Again, the whole fight between American jews and Israeli jews is over the fact that if the Israelis had thier way, the American jews were simply not jewish enough to return to Israel and they fucking knew it, that's why they've been fighting the Orthodox and Conservative factions in the Israeli government for decades over it.
You can say that "oh they would all qualify", but the jews themselves have known for decades that they simply wouldn't. That book ("Jew Versus Jew") goes on (and on and on and on and on for hundreds of pages) about that infighting taking place all over the US and Israel over that very specific issue.
I've seen gene maps, too, in which it looked to me like Jews were well-clustered enough to be identified as a group. That means that there could be samples outside the area you identify as Jewish, so could it be used to do a Jew or Not Jew test, I don't know. DNA wasn't available to the Nazis, was it? So their inability to precisely identify Jews is understandable.

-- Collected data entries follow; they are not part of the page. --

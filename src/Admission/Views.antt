-- ===== src/Admission/Views.antt =====
-- The authority of the past of an event, in `evaluate` of crates/cc-ledger/src/v1.rs: its grants are
-- made in the past, each after the one that issued it.
use clockchain.Prelude.{ℕ, ◌≡◌, refl, ap, ◌∙◌, sym, inl, inr, true, none, some, [], arith, nat_key}
use clockchain.Prelude.Table.{lookup, contains_key}
use clockchain.Prelude.Ordered.{set_contains}
use clockchain.Wire.{Hash}
use clockchain.Wire.Event.{Payload}
use clockchain.Wire.Signed.{Crypto, Signed}
use clockchain.Ledger.{Events, parents_of}
use clockchain.Ledger.Authority.{Grant, Authority, grant_made}
use clockchain.Ledger.Search.{here, there}
use clockchain.Ledger.Order.{key_held}
use clockchain.Ledger.Governed.{Makes}
use clockchain.Ledger.Derived.{IsView}
use clockchain.Ledger.Places.{place}
use clockchain.Ledger.Parts.{MadeBefore, IsPart, part-IsGoverned, part-Reaches_le}
use clockchain.Admission.Past.{Reaches-trans}
use clockchain.Admission.Scope.{Falls}
use clockchain.Admission.Union.{IsUnion}

module _ {SecretKey : Type 0} (crypto : Crypto SecretKey) (all : Events) where
  -- No two events make one grant: the id of a delegation is not a root grant.
  abbrev pub GrantsApart : Type 0
  GrantsApart =
      (x y : Hash) (e f : Signed) (g : Hash) (a b : Grant)
      → lookup x all ≡ some e
      → lookup y all ≡ some f
      → Makes crypto all x e g a
      → Makes crypto all y f g b
      → x ≡ y

  -- A grant says which event made it.
  issued_by :
      (x : Hash) (e : Signed) (payload : Payload) (g : Hash) (a : Grant)
      → grant_made crypto x e payload ≡ some (some (g, a))
      → a.issued_by_event ≡ x
  unfolding grant_made
  issued_by x e (Payload.genesis _ _ _) g a h = ground (arith, h)
  issued_by x e (Payload.delegate grantee issuer _) g a h = ground (arith, h)
  issued_by x e (Payload.correction _ _) g a h = absurd (ground (arith, h))
  issued_by x e (Payload.revoke _ _ _) g a h = absurd (ground (arith, h))
  issued_by x e (Payload.resolve _ _ _) g a h = absurd (ground (arith, h))
  issued_by x e (Payload.edge_assert _ _ _) g a h = absurd (ground (arith, h))
  issued_by x e (Payload.edge_reaffirm _ _ _ _) g a h = absurd (ground (arith, h))
  issued_by x e (Payload.attestation _ _ _ _) g a h = absurd (ground (arith, h))

  module _ (rank : Hash → ℕ) where
    -- The authority of a part.
    abbrev pub ViewOf : (part : Events) → IsPart crypto all rank part → Authority → Type 0
    ViewOf part w view =
        IsView crypto part (λ x. place rank part (rank x)) (part-IsGoverned crypto all rank part w)
          view

    module _ (part : Events) (w : IsPart crypto all rank part) (view : Authority)
        (v : ViewOf part w view) where
      -- The rank of the event that made a grant.
      abbrev pub grant_rank : Hash → ℕ
      grant_rank g = elim (lookup g view.grants) [
        | none ↦ 0
        | some grant ↦ rank grant.issued_by_event
      ]

      grant_rank_lem :
          (g : Hash) (grant : Grant)
          → lookup g view.grants ≡ some grant
          → grant_rank g ≡ rank grant.issued_by_event
      grant_rank_lem g grant held = rw (held, grant_rank) refl

      pub view-Falls : GrantsApart → Falls view grant_rank
      view-Falls apart g grant i held issuer =
          let (y, f, y_held, makes) = v.owned g grant held in
          let (p, m, (z, h, by_, r, z_held, z_makes)) =
            (w.acts y f y_held).issued g grant i makes issuer in
          let known = v.issuers g grant i held issuer in
          let (given, i_held) = key_held i view.grants known in
          let (z', h', z'_held, z'_makes) = v.owned i given i_held in
          let same = apart z z' h h' i by_ given z_held (w.within z' h' z'_held) z_makes z'_makes in
          let by_y = ap rank (issued_by y f f.envelope.payload g grant makes) in
          let by_z = ap rank (issued_by z' h' h'.envelope.payload i given z'_makes ∙ sym same) in
          let low = part-Reaches_le crypto all rank part w p z (w.closed y f p y_held m) r in
          let lower = w.ranked y f p y_held m in
          (
            known,
            omega (
              arith,
              by_y,
              by_z,
              low,
              lower,
              grant_rank_lem g grant held,
              grant_rank_lem i given i_held,
            ),
          )

  module _ (rank : Hash → ℕ) (id : Hash) (e : Signed) (held : lookup id all ≡ some e)
      (union : Events) (u : IsUnion crypto all rank (parents_of e) [] union) (view : Authority)
      (v : ViewOf rank union u.part view) where
    -- A grant of the past is made in the past of a parent.
    pub view-MadeBefore :
        (g : Hash)
        → contains_key g view.grants ≡ true
        → (p : Hash) × (set_contains p (parents_of e) ≡ true) × MadeBefore crypto all p g
    unfolding lookup
    view-MadeBefore g known =
        let (grant, g_held) = key_held g view.grants known in
        let (y, f, y_held, makes) = v.owned g grant g_held in
        elim (u.reached y (ground (arith, y_held))) [
          | inl none_ ↦ absurd (ground (arith, none_))
          | inr (p, m, r) ↦ (p, m, (y, f, grant, r, u.part.within y f y_held, makes))
        ]

    pub parent-MadeBefore :
        (p g : Hash)
        → set_contains p (parents_of e) ≡ true
        → MadeBefore crypto all p g
        → MadeBefore crypto all id g
    parent-MadeBefore p g m (y, f, grant, r, y_held, makes) =
        (y, f, grant, Reaches-trans all id p y (there here held m) r, y_held, makes)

I actually don't understand what you're saying about semitic people, without seeing the data.
I also don't understand what you're saying about American Jews being not Jewish enough. Is this a matter of dilution?
It's a matter of religion. "Dilution" doesn't really make sense. Yes, when you have marriage laws over several thousand years, you get some specificity. But in reality, most American jews take a secular, ethnic, irreligious approach to being jews; and basically make shit up as they went along about who got to do what, and how things got to work, all while continuing to call themselves jews.
Imagine if the Unitarian Church called themselves "catholics". They don't even acknowledge the divinity of Christ, and they aren't even people most protestants can respect. You can't be a catholic and reject Catholicism. American jews are the equivalent of Unitarian jews. They don't follow the religion, they just say they are jews and want that identity as a tool. In the book "Jew v. Jew" that I have, they even go over the fact that the problem with the US is that it integrated jews into it's society at a very early time. Unlike jews, literally everywhere else on Earth, American jews were integrated to the point of basically just being American without much distinction besides some of their religious traditions. But elsewhere in the world, jews centered everything around their religion. When the state of Israel became the "homeland for the jews", American jews were finally forced into having to reconcile the with the reality that they weren't even really jews anymore; just Americans. Many, because they are progressive, still fight to keep that identity without ever actually living up to it.